- New Zealand / Australia
- Dates: 3 February 2016 – 24 February 2016
- Captains: Brendon McCullum / Steve Smith

Test series
- Result: Australia won the 2-match series 2–0
- Most runs: Brendon McCullum (180) / Adam Voges (309)
- Most wickets: Neil Wagner (7) / Nathan Lyon (10)

One Day International series
- Results: New Zealand won the 3-match series 2–1
- Most runs: Martin Guptill (180) / David Warner (126)
- Most wickets: Matt Henry (8) / Mitchell Marsh (7) Josh Hazlewood (7)

= Australian cricket team in New Zealand in 2015–16 =

International cricket tour

The Australian cricket team toured New Zealand from 3 to 24 February 2016. Originally the tour was going to consist of three Test matches. In June 2015, New Zealand Cricket were in talks with Cricket Australia to have a tour consisting of two Tests and three One Day Internationals (ODIs). In August 2015, the fixtures were announced which contained the reduction of Tests from three to two and the addition of the three ODIs.

In December 2015 New Zealand captain Brendon McCullum announced that he would be retiring from all forms of international cricket at the conclusion of the series. New Zealand won the ODI series 2–1 to retain the Chappell–Hadlee Trophy. McCullum finished his ODI career with the best win–loss ratio of any New Zealander who has captained in ten or more matches. In his final match, McCullum broke the record for the fastest century scored in Test cricket.
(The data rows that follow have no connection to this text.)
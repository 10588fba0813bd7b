-- ===== src/Routing/Budget/Caps.antt =====
-- The forward budget keeps its caps.
use rivr.Common.{ℕ, sym, subst, inl, inr, Bool, true, false, arith, ltb, ltb→lt}
use rivr.Common.{Bool-cases, length, get_or, All, length-set, All-set, u32, ◌+◌, ◌≤◌, ◌<◌}
use rivr.Common.{◌≡◌, ◌∙◌, if◌then◌else◌}
use rivr.Routing.Budget.{
  check, charge, record_fwd, adapt, Role, repeater, gateway, client, generic, Budget, pkt_types,
  max_fwd_role, max_air_role, max_hour_air_us, init, roll_minute, roll_hour, roll_window,
}

-- The counters are within the caps of the role, and the adapted cap is not above the role's.
pub record IsWithin (role : Role) (fb : Budget) : Type 0 where
  pub counts : length fb.fwd_count ≡ pkt_types
  pub airs : length fb.fwd_air_us ≡ pkt_types
  pub cap_fwd : (4 ≤ fb.max_fwd_count) × (fb.max_fwd_count ≤ max_fwd_role role)
  pub cap_air : fb.max_air_us ≡ max_air_role role
  pub cap_hour : fb.max_hour ≡ max_hour_air_us
  pub fwd : All (λ (k : ℕ). k ≤ max_fwd_role role) fb.fwd_count
  pub air : All (λ (k : ℕ). k ≤ max_air_role role) fb.fwd_air_us
  pub hour : fb.hour_total_air_us ≤ max_hour_air_us

pub init-IsWithin : (role : Role) → IsWithin role (init role)
unfolding init
init-IsWithin repeater = omega arith
init-IsWithin gateway = omega arith
init-IsWithin client = omega arith
init-IsWithin generic = omega arith

roll-IsWithin :
    (role : Role) (fb : Budget) (now : ℕ) → IsWithin role fb → IsWithin role (roll_window fb now)
unfolding roll_window roll_minute roll_hour
roll-IsWithin role fb now w =
    ground (arith, w.counts, w.airs, w.cap_fwd, w.cap_air, w.cap_hour, w.fwd, w.air, w.hour)

-- The window rolls once per time.
roll_twice : (fb : Budget) (now : ℕ) → roll_window (roll_window fb now) now ≡ roll_window fb now
unfolding roll_window roll_minute roll_hour
roll_twice fb now = ground arith

charge-IsWithin :
    (role : Role) (fb : Budget) (kind toa : ℕ)
    → IsWithin role fb
    → kind < pkt_types
    → get_or fb.fwd_count kind 0 < fb.max_fwd_count
    → u32 (get_or fb.fwd_air_us kind 0 + toa) ≤ fb.max_air_us
    → u32 (fb.hour_total_air_us + toa) ≤ fb.max_hour
    → IsWithin role (charge fb kind toa)
unfolding charge
charge-IsWithin role fb kind toa w hk hc ha hh = record {
  counts = length-set fb.fwd_count kind _ ∙ w.counts;
  airs = length-set fb.fwd_air_us kind _ ∙ w.airs;
  cap_fwd = w.cap_fwd;
  cap_air = w.cap_air;
  cap_hour = w.cap_hour;
  fwd = All-set _ fb.fwd_count kind _ w.fwd (omega (arith, w.cap_fwd));
  air = All-set _ fb.fwd_air_us kind _ w.air (omega (arith, w.cap_air));
  hour = omega (arith, w.cap_hour);
}

-- What the check found when it allowed a packet of a counted type.
allowed :
    (fb : Budget) (kind toa now : ℕ)
    → kind < pkt_types
    → (check fb kind toa now).1 ≡ true
    → let fb' = roll_window fb now in
      ((check fb kind toa now).0 ≡ fb')
      × (get_or fb'.fwd_count kind 0 < fb'.max_fwd_count)
      × (u32 (get_or fb'.fwd_air_us kind 0 + toa) ≤ fb'.max_air_us)
      × (u32 (fb'.hour_total_air_us + toa) ≤ fb'.max_hour)
unfolding check
allowed fb kind toa now hk h = ground arith

-- A check, and the record that follows it where the packet may go.
abbrev pub checked_record : Budget → ℕ → ℕ → ℕ → Budget
checked_record fb kind toa now =
    let (fb', ok) = check fb kind toa now in if ok then record_fwd fb' kind toa now else fb'

record_allowed :
    (fb : Budget) (kind toa now : ℕ)
    → kind < pkt_types
    → (check fb kind toa now).1 ≡ true
    → checked_record fb kind toa now ≡ charge (roll_window fb now) kind toa
unfolding record_fwd
record_allowed fb kind toa now hk ok =
    let (same, _, _, _) = allowed fb kind toa now hk ok in
    let again = roll_twice fb now in rw (ok, same) (ground (arith, again))

record_refused :
    (fb : Budget) (kind toa now : ℕ)
    → (check fb kind toa now).1 ≡ false
    → checked_record fb kind toa now ≡ roll_window fb now
unfolding check
record_refused fb kind toa now refused = ground arith

record_other :
    (fb : Budget) (kind toa now : ℕ) → pkt_types ≤ kind → checked_record fb kind toa now ≡ fb
unfolding check record_fwd
record_other fb kind toa now h = ground arith

-- `routing_fwdbudget_check` with `routing_fwdbudget_record` after it where it allows the packet
-- keeps every counter within the caps of the role: at most 60 relays (20 for a client, 30 for a
-- generic build) of a type and the air time of the type in a minute, and 360 s in the hour.
pub budget-IsWithin :
    (role : Role) (fb : Budget) (kind toa now : ℕ)
    → IsWithin role fb
    → IsWithin role (checked_record fb kind toa now)
budget-IsWithin role fb kind toa now w = elim (Bool-cases (ltb kind pkt_types)) [
  | inr other ↦ subst (IsWithin role) (sym (record_other fb kind toa now (ground arith))) w
  | inl counted ↦
      let hk = ltb→lt kind pkt_types counted in
      elim (Bool-cases (check fb kind toa now).1) [
        | inl ok ↦
            let (_, hc, ha, hh) = allowed fb kind toa now hk ok in
            subst (IsWithin role) (sym (record_allowed fb kind toa now hk ok)) (
              charge-IsWithin role (roll_window fb now) kind toa (roll-IsWithin role fb now w) hk hc
                ha hh)
        | inr refused ↦
            subst (IsWithin role) (sym (record_refused fb kind toa now refused))
              (roll-IsWithin role fb now w)
      ]
]

role_cap : (role : Role) → 4 ≤ max_fwd_role role
role_cap repeater = omega arith
role_cap gateway = omega arith
role_cap client = omega arith
role_cap generic = omega arith

-- `routing_fwdbudget_adapt` keeps the counters within the caps, and the cap between 4 and the role's.
pub adapt-IsWithin :
    (role : Role) (fb : Budget) (score dc : ℕ) (adaptive : Bool)
    → IsWithin role fb
    → IsWithin role (adapt adaptive role fb score dc)
unfolding adapt
adapt-IsWithin role fb score dc false w = w
adapt-IsWithin role fb score dc true w = record {
  counts = w.counts;
  airs = w.airs;
  cap_fwd = ground (arith, role_cap role);
  cap_air = w.cap_air;
  cap_hour = w.cap_hour;
  fwd = w.fwd;
  air = w.air;
  hour = w.hour;
}
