-- ===== src/Routing/Control.antt =====
-- firmware_core/routing.c: the control packets that the mesh builds, and their payloads
-- (firmware_core/protocol.h). A buffer is the list of the bytes written to it.
pub mod RoundTrip
pub mod Reply
use rivr.Common.{ℕ, Bool, true, false, not, Option, List, [], ◌/◌, ◌%◌, ◌∷◌, ◌++◌, ◌==◌}
use rivr.Common.{if◌then◌else◌}
use rivr.Metrics.{Metrics}
use rivr.RouteCache.{Cache, can_reply_for_dst}
use rivr.Protocol.{Hdr, encode, magic_word, proto_ver}

-- PKT_ROUTE_REQ, PKT_ROUTE_RPL, PKT_ACK, ROUTE_REQ_TTL
abbrev pub pkt_route_req : ℕ
pkt_route_req = 3

abbrev pub pkt_route_rpl : ℕ
pkt_route_rpl = 4

abbrev pub pkt_ack : ℕ
pkt_ack = 5

abbrev pub route_req_ttl : ℕ
route_req_ttl = 4

-- The bytes of a little-endian word.
abbrev pub write32 : ℕ → List ℕ
write32 n = n % 256 ∷ n / 256 % 256 ∷ n / 65536 % 256 ∷ n / 16777216 % 256 ∷ []

abbrev pub write16 : ℕ → List ℕ
write16 n = n % 256 ∷ n / 256 % 256 ∷ []

-- The header that the three builders share.
abbrev pub control_hdr : ℕ → ℕ → ℕ → ℕ → ℕ → ℕ → Hdr
control_hdr pkt_type my_id dst_id seq pkt_id payload_len = record {
  magic = magic_word;
  version = proto_ver;
  pkt_type = pkt_type;
  flags = 0;
  ttl = route_req_ttl;
  hop = 0;
  net_id = 0;
  src_id = my_id;
  dst_id = dst_id;
  seq = seq;
  pkt_id = pkt_id;
  payload_len = payload_len;
  loop_guard = 0;
}

-- `routing_build_route_req`
unfoldable pub build_route_req : ℕ → ℕ → ℕ → ℕ → ℕ → Option (List ℕ)
build_route_req my_id target_id seq pkt_id out_cap =
    encode (control_hdr pkt_route_req my_id target_id seq pkt_id 0) [] out_cap

-- The payload of a route reply.
abbrev pub rpl_payload : ℕ → ℕ → ℕ → List ℕ
rpl_payload target_id next_hop hop_count = write32 target_id ++ write32 next_hop ++ (hop_count ∷ [])

-- `routing_build_route_rpl`
unfoldable pub build_route_rpl : ℕ → ℕ → ℕ → ℕ → ℕ → ℕ → ℕ → ℕ → Option (List ℕ)
build_route_rpl my_id requester_id target_id next_hop hop_count seq pkt_id out_cap =
    encode (control_hdr pkt_route_rpl my_id requester_id seq pkt_id 9)
      (rpl_payload target_id next_hop hop_count) out_cap

-- The payload of an acknowledgement.
abbrev pub ack_payload : ℕ → ℕ → List ℕ
ack_payload ack_src_id ack_pkt_id = write32 ack_src_id ++ write16 ack_pkt_id

-- `routing_build_ack`
unfoldable pub build_ack : ℕ → ℕ → ℕ → ℕ → ℕ → ℕ → ℕ → Option (List ℕ)
build_ack my_id dst_id ack_src_id ack_pkt_id seq pkt_id out_cap =
    encode (control_hdr pkt_ack my_id dst_id seq pkt_id 6) (ack_payload ack_src_id ack_pkt_id)
      out_cap

-- `routing_should_reply_route_req`; the lookup changes the cache and the counters.
unfoldable pub should_reply_route_req : Hdr → ℕ → Cache → Metrics → ℕ → Cache × Metrics × Bool
should_reply_route_req pkt my_id cache m now_ms =
    let cached = can_reply_for_dst cache m pkt.dst_id now_ms in
    if not (pkt.pkt_type == pkt_route_req)
    then (cache, m, false)
    else if pkt.dst_id == my_id
    then (cache, m, true)
    else cached
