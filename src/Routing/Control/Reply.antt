-- ===== src/Routing/Control/Reply.antt =====
-- Who answers a route request.
use rivr.Common.{ℕ, bit_and, inl, inr, true, some, arith, ==→eq, Bool-cases, Option-cases}
use rivr.Common.{◌≤◌, ◌≡◌, ◌⊎◌, ◌==◌}
use rivr.Metrics.{Metrics}
use rivr.Protocol.{Hdr}
use rivr.RouteCache.{
  Entry, Cache, lookup, entry_is_alive, flag_pending, reply_min_metric, reply_max_hops,
  can_reply_for_dst,
}
use rivr.RouteCache.Lookup.{lookup-alive}
use rivr.Routing.Control.{pkt_route_req, should_reply_route_req}

-- A route that a node may pass on.
abbrev pub Advertised : Cache → Metrics → ℕ → ℕ → Type 0
Advertised cache m dst now =
    (e : Entry) × ((lookup cache m dst now).2 ≡ some e)
    × (e.dst_id ≡ dst)
    × (entry_is_alive e now ≡ true)
    × (bit_and e.flags flag_pending ≡ 0)
    × (reply_min_metric ≤ e.metric)
    × (e.hop_count ≤ reply_max_hops)

can_reply-Advertised :
    (cache : Cache) (m : Metrics) (dst now : ℕ)
    → (can_reply_for_dst cache m dst now).2 ≡ true
    → Advertised cache m dst now
unfolding can_reply_for_dst
can_reply-Advertised cache m dst now h = elim (Option-cases (lookup cache m dst now).2) [
  | inl missing ↦ absurd (ground (arith, rw (missing, can_reply_for_dst) at h))
  | inr (e, there) ↦
      let k = rw (there, can_reply_for_dst) at h in
      let (dest, alive) = lookup-alive cache m dst now e there in
      (e, there, dest, alive, ground (arith, k), ground (arith, k), ground (arith, k))
]

-- A node that answers a packet by `routing_should_reply_route_req` is asked by a route request, and
-- is its target or holds a route to the target that is live and not pending, has a metric of at
-- least 30 and at most 6 hops.
pub should_reply-Advertised :
    (pkt : Hdr) (my now : ℕ) (cache : Cache) (m : Metrics)
    → (should_reply_route_req pkt my cache m now).2 ≡ true
    → (pkt.pkt_type ≡ pkt_route_req) × ((pkt.dst_id ≡ my) ⊎ Advertised cache m pkt.dst_id now)
unfolding should_reply_route_req
should_reply-Advertised pkt my now cache m h = elim (Bool-cases (pkt.pkt_type == pkt_route_req)) [
  | inr other ↦ absurd (ground (arith, rw (other, should_reply_route_req) at h))
  | inl asked ↦
      let kind = ==→eq pkt.pkt_type pkt_route_req asked in
      elim (Bool-cases (pkt.dst_id == my)) [
        | inl own ↦ (kind, inl (==→eq pkt.dst_id my own))
        | inr cached ↦ (
          kind,
          inr (
              can_reply-Advertised cache m pkt.dst_id now
                (rw (asked, cached, should_reply_route_req) at h)),
        )
      ]
]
Australia won the Test series 2–0, to retain the Trans-Tasman Trophy and regain the number one position in the ICC Test Championship.

Adam Voges, who hit the winning runs, finished the Test series with a batting average of 95.50.

==Squads==

| Tests |  | ODIs |  |
|---|---|---|---|
| New Zealand | Australia | New Zealand | Australia |
| Brendon McCullum (c); Corey Anderson; Doug Bracewell; Trent Boult; Mark Craig; Martin Guptill; Matt Henry; Tom Latham; Henry Nicholls; Mitchell Santner; Tim Southee; Neil Wagner; BJ Watling (wk); Kane Williamson; | Steve Smith (c); David Warner (vc); Jackson Bird; Joe Burns; Josh Hazlewood; Usman Khawaja; Nathan Lyon; Mitchell Marsh; Shaun Marsh; Peter Nevill (wk); James Pattinson; Chadd Sayers; Peter Siddle; Adam Voges; | Brendon McCullum (c); Corey Anderson; Trent Boult; Doug Bracewell; Grant Elliott; Martin Guptill; Matt Henry; Adam Milne; Colin Munro; Henry Nicholls; Luke Ronchi (wk); Mitchell Santner; Kane Williamson; | Steve Smith (c); David Warner (vc); George Bailey; Scott Boland; James Faulkner; John Hastings; Josh Hazlewood; Usman Khawaja; Mitchell Marsh; Shaun Marsh; Glenn Maxwell; Joel Paris; Kane Richardson; Marcus Stoinis; Matthew Wade (wk); Adam Zampa; |

James Faulkner was ruled out of Australia's squad after suffering a hamstring injury in the first ODI. He was replaced by Marcus Stoinis. Kane Richardson was ruled out of the last two ODIs due to a back injury. He was replaced in the squad by Joel Paris. Mark Craig replaced Mitchell Santner after Santer was ruled out due to bone bruise in his left foot. Peter Siddle missed the second Test due to a back injury sustained in the first Test.